Rachida Dati ne fait pas l'objet d'une plainte, mais certains de ses émoluments pourraient être passés au crible. D'après les informations du Parisien, une enquête préliminaire portant sur ses liens avec Renault-Nissan vient d'être ouverte.
AFP

Rachida Dati et Renault-Nissan : la candidate à la mairie de Paris visée par une plainte ?

Le glas tombe en novembre 2018, quand Carlos Ghosn – P-DG de Renault – est arrêté au Japon. Il est soupçonné, entre autres, d’avoir dissimulé ses revenus au fisc. Dès lors, la justice nipponne s’empare de l’affaire dont certaines répliques impactent jusqu’en France. C’est en tout cas ce qu’avance Le Parisien qui rapporte l’ouverture d’une enquête préliminaire visant Rachida Dati et Alain Bauer. La première était conseillère juridique pour la société tandis que le second était consultant pour des questions de sécurités. Tous deux ont été engagés entre 2010 et 2013 via Renault-Nissan BN (RNBV), une structure néerlandaise "opaque" d’après le quotidien.

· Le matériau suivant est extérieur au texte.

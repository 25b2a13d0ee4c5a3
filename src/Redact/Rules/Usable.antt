-- ===== src/Redact/Rules/Usable.antt =====
-- redact/redactor.go: what newRuleTransform makes of the JSON of a rule.
use kratos_kit.Base.{◌≡◌, String, true, false, some, ◌==◌, ◌||◌}
use kratos_kit.Base.Dict.{Dict}
use kratos_kit.Redact.Rules.{
  or_default, HashAlgorithm, md5, sha1, sha256, Rule, encrypt_by, custom_by, fixed_length_by,
  mask_by, regex_by, email_by, truncate_by, ip_by, hash_by, uuid_by, url_by, RuleResult, made, bad,
  RuleLibrary, Registry, has_custom_redactor,
}

abbrev name_of : HashAlgorithm → String
name_of md5 = "MD5"
name_of sha1 = "SHA1"
name_of sha256 = "SHA256"

-- A mask or suffix that the JSON gives, or leaves to the default
abbrev IsText : String → String → String → Type 0
IsText default given c = (c ≡ or_default given default) × ((c == "") ≡ false)

-- The rule is of the type `t`, holds the parameters that were decoded from `raw`, and can run: its mask
-- is a text, its pattern compiles, its algorithm is the one that is named, and its function is
-- registered.
abbrev pub IsUsableRule : {Raw : Type 0} → RuleLibrary Raw → Registry → String → Raw → Rule → Type 0
IsUsableRule lib reg t raw (encrypt_by a) =
    ((t == "ENCRYPT") ≡ true)
    × (lib.to_encrypt raw ≡ some a)
    × (((a == "AES_GCM") || (a == "SM4_GCM")) ≡ true)
IsUsableRule lib reg t raw (custom_by name) =
    ((t == "CUSTOM") ≡ true)
    × (lib.to_custom raw ≡ some name)
    × (has_custom_redactor reg name ≡ true)
IsUsableRule lib reg t raw (fixed_length_by c) =
    ((t == "FIXED_LENGTH") ≡ true) × (lib.to_fixed_length raw ≡ some c)
IsUsableRule lib reg t raw (mask_by f l n c) =
    ((t == "MASK") ≡ true)
    × ((given : String) × (lib.to_mask raw ≡ some (f, (l, (n, given)))) × IsText "*" given c)
IsUsableRule lib reg t raw (regex_by p r) =
    ((t == "REGEX") ≡ true) × (lib.to_regex raw ≡ some (p, r)) × (lib.compiles p ≡ true)
IsUsableRule lib reg t raw (email_by k d c) =
    ((t == "EMAIL") ≡ true)
    × ((given : String) × (lib.to_email raw ≡ some (k, (d, given))) × IsText "*" given c)
IsUsableRule lib reg t raw (truncate_by n s) =
    ((t == "TRUNCATE") ≡ true)
    × ((given : String) × (lib.to_truncate raw ≡ some (n, given)) × IsText "..." given s)
IsUsableRule lib reg t raw (ip_by n c) =
    ((t == "IP") ≡ true)
    × ((given : String) × (lib.to_ip raw ≡ some (n, given)) × IsText "x" given c)
IsUsableRule lib reg t raw (hash_by a) =
    ((t == "HASH") ≡ true)
    × ((given : String) × (lib.to_hash raw ≡ some given)
        × ((lib.to_upper given == name_of a) ≡ true))
IsUsableRule lib reg t raw uuid_by = (t == "UUID") ≡ true
IsUsableRule lib reg t raw (url_by q c) =
    ((t == "URL") ≡ true)
    × ((given : String) × (lib.to_url raw ≡ some (q, given)) × IsText "*" given c)

module _ {Raw : Type 0} (lib : RuleLibrary Raw) (reg : Registry) (t : String) (raw : Raw) where
  abbrev AllUsable : RuleResult Rule → Type 0
  AllUsable (bad e) = Unit
  AllUsable (made r) = IsUsableRule lib reg t raw r
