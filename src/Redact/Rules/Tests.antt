-- ===== src/Redact/Rules/Tests.antt =====
-- redact/redactor.go: rules at one JSON text, with a library that knows the rule of ENCRYPT only.
use kratos_kit.Base.{◌≡◌, refl, String, true, none, some, [], ◌∷◌}
use kratos_kit.Base.Text.{equal_fold}
use kratos_kit.Base.Dict.{Dict, lookup, insert}
use kratos_kit.Redact.Policy.{apply_rule}
use kratos_kit.Redact.Text.{mask_with_min}
use kratos_kit.Redact.Rules.{
  RuleLibrary, mask_by, bad, bad_rule, find_fold, register_custom_redactor, apply_custom_redactor,
}
use kratos_kit.Redact.Rules.Make.{decode, new_rule_transform, new_field_policy, transform_text}

abbrev sample : RuleLibrary String
sample = record {
  unmarshal = λ s. some (("ENCRYPT", "AES_GCM") ∷ []);
  to_encrypt = λ raw. some raw;
  to_mask = λ raw. none;
  to_regex = λ raw. none;
  to_email = λ raw. none;
  to_truncate = λ raw. none;
  to_hash = λ raw. none;
  to_ip = λ raw. none;
  to_url = λ raw. none;
  to_fixed_length = λ raw. none;
  to_custom = λ raw. none;
  to_upper = λ s. "ENCRYPT";
  to_lower = λ s. "encrypt";
  trim_space = λ s. s;
  equal_fold = λ s t. equal_fold s t;
  compiles = λ p. true;
  replace_all = λ p r s. s;
  digest_of = λ a s. s;
  uuid_of = λ s. s;
  parse_ip = λ s. none;
  mask_url = λ q c s. s;
}

masked_text : transform_text sample [] (mask_by 1 1 0 "*") "abcd" ≡ some "a**d"
unfolding mask_with_min
masked_text = refl

unregistered_text :
    apply_custom_redactor (register_custom_redactor "a" none []) "a" "text" ≡ "[REDACTED]"
unfolding lookup insert
unregistered_text = refl

-- NewFieldPolicy refuses the rule that newRuleTransform has made: it looks for the key in small letters.
refuses : new_field_policy sample [] apply_rule "encrypt" "{}" ≡ bad bad_rule
unfolding new_field_policy new_rule_transform decode lookup find_fold equal_fold
refuses = refl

L’enquête, dont l’ouverture a été confirmée par "trois sources concordantes" mais pas encore pas le parquet financier, serait confiée aux agents de l’office anti-corruption (OCLCIFF). Elle devrait porter sur les émoluments perçus par la candidate à la mairie de Paris sur cette période et fait suite à une plainte déposée le 17 avril par un actionnaire de l’alliance.

En pratique le contrat qui liait Rachida Dati et le conglomérat a été découvert après un audit indépendant. Ce dernier a été réalisé après l’arrestation de Carlos Ghosn et réclamé par Nissan, qui n’a cependant pas porté plainte pour l’heure. De son côté, l’ancienne ministre s’est défendue de toute dissimulation.

Rachida Dati visée par une enquête : des rémunérations opaques de la part de Renault-Nissan ?

L’actionnaire qui s’attaque à Rachida Dati évoque, dans sa plainte, d’importants émoluments. Entre 2010 et 2013, l’ancienne euro-député aurait touché 600 000 euros de rémunération et 2 millions d’honoraires, a-t-il affirmé. Pour de telles sommes, l’ex-Garde des Sceaux était supposée faciliter le développement de l’alliance au Proche-Orient et en Afrique.

"J’ai été rémunérée comme avocate et non consultante de 2010 à 2012, de façon forfaitaire : 300 000 euros par an. Tous les contrats ont été validés par le commissaire aux comptes et le directeur juridique, monsieur Husson. A chaque réunion de travail, il y avait soit Carlos Ghosn, soit Christian Husson, soit la secrétaire générale, Mouna Sepehri", a détaillé Rachida Dati dans les colonnes du quotidien régional. Elle conteste "toute illégalité dans les versements perçus de RNBV" et a déclaré l’intégralité de ces revenus à la Haute autorité pour la transparence de la vie publique, rappelle d’ailleurs le journal.

En outre, les policières et les policiers en charge de l’enquête n’excluraient pas la piste d’un règlement de compte en interne.